• [TASK INSTRUCTIONS]: After locating the line that contains "Time → Bytes" in the data below, set down exactly that line and each one after it through the line that contains "none ↦ elim (hash_password password)", and nothing more.

• [RECORDED INFORMATION]:
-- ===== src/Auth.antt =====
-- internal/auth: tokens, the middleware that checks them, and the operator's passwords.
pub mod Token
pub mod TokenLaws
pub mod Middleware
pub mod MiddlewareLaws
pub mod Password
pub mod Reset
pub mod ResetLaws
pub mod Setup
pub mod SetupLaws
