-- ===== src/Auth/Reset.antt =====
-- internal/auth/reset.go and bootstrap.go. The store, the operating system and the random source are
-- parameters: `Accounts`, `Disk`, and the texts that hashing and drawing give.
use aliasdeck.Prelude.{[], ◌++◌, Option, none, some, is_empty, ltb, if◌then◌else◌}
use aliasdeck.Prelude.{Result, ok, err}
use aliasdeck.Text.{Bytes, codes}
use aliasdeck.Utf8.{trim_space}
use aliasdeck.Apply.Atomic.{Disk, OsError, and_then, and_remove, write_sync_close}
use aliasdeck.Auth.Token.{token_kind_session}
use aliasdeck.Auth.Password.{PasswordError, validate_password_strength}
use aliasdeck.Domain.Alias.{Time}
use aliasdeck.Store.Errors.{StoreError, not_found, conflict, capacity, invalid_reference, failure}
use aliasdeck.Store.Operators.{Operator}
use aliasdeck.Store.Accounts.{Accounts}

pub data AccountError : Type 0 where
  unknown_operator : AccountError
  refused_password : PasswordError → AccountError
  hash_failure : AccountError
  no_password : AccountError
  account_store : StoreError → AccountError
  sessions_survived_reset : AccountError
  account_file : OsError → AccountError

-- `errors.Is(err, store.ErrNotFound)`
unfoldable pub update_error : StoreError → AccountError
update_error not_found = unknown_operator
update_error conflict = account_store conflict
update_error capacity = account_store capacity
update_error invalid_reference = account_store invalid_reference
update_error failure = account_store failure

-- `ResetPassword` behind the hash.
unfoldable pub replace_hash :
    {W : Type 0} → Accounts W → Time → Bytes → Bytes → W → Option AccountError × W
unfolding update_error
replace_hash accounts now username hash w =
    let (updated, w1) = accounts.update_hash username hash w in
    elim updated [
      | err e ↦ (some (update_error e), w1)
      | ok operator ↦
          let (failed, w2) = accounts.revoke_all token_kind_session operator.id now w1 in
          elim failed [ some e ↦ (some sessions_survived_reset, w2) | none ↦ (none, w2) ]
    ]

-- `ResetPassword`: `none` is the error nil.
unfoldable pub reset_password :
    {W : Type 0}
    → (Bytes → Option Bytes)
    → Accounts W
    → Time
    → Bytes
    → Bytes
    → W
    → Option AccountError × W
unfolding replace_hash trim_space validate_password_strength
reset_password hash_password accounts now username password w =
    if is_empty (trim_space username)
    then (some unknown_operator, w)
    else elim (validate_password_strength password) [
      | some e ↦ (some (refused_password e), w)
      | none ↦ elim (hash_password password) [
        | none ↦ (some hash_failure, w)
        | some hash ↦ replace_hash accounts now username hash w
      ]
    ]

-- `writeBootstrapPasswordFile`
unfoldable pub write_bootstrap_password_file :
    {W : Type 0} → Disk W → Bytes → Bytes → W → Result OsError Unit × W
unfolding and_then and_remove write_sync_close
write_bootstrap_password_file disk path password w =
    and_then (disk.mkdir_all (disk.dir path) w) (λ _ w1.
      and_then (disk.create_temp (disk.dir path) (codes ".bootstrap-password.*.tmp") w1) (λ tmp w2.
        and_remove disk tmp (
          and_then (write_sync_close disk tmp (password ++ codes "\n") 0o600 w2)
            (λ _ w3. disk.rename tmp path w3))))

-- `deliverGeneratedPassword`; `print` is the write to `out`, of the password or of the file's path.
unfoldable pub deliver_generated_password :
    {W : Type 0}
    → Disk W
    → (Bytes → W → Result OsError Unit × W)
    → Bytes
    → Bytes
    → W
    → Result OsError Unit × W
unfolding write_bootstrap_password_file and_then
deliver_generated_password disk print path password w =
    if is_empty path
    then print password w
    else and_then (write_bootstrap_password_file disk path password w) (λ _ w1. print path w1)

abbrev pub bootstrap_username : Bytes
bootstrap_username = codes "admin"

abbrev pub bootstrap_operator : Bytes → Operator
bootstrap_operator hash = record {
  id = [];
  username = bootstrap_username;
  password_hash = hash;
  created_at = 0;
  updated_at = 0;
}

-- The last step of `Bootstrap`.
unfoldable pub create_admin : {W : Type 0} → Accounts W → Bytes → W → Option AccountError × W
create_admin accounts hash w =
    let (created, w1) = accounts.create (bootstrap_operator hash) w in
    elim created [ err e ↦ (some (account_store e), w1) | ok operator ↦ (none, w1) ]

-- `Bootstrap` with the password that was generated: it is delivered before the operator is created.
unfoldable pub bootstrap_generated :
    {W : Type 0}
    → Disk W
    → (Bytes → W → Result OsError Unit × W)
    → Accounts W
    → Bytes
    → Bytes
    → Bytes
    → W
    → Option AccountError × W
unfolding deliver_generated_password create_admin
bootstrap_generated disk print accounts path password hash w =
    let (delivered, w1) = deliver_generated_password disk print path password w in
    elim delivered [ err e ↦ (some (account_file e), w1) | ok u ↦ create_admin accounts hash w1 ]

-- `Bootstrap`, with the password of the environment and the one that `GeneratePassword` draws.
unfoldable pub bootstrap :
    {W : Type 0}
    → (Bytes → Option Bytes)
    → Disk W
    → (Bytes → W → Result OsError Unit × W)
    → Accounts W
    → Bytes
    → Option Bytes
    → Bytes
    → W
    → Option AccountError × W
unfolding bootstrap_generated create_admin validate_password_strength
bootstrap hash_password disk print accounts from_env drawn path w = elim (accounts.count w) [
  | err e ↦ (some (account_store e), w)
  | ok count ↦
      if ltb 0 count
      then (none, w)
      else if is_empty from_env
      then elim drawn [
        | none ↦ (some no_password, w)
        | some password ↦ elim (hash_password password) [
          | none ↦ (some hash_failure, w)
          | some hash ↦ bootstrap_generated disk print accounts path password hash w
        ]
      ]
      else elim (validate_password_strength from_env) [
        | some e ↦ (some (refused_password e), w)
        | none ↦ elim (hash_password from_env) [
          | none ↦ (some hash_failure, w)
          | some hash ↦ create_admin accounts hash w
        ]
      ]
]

• [YOUR SOLUTION]:
    {W : Type 0} → Accounts W → Time → Bytes → Bytes → W → Option AccountError × W
unfolding update_error
replace_hash accounts now username hash w =
    let (updated, w1) = accounts.update_hash username hash w in
    elim updated [
      | err e ↦ (some (update_error e), w1)
      | ok operator ↦
          let (failed, w2) = accounts.revoke_all token_kind_session operator.id now w1 in
          elim failed [ some e ↦ (some sessions_survived_reset, w2) | none ↦ (none, w2) ]
    ]

-- `ResetPassword`: `none` is the error nil.
unfoldable pub reset_password :
    {W : Type 0}
    → (Bytes → Option Bytes)
    → Accounts W
    → Time
    → Bytes
    → Bytes
    → W
    → Option AccountError × W
unfolding replace_hash trim_space validate_password_strength
reset_password hash_password accounts now username password w =
    if is_empty (trim_space username)
    then (some unknown_operator, w)
    else elim (validate_password_strength password) [
      | some e ↦ (some (refused_password e), w)
      | none ↦ elim (hash_password password) [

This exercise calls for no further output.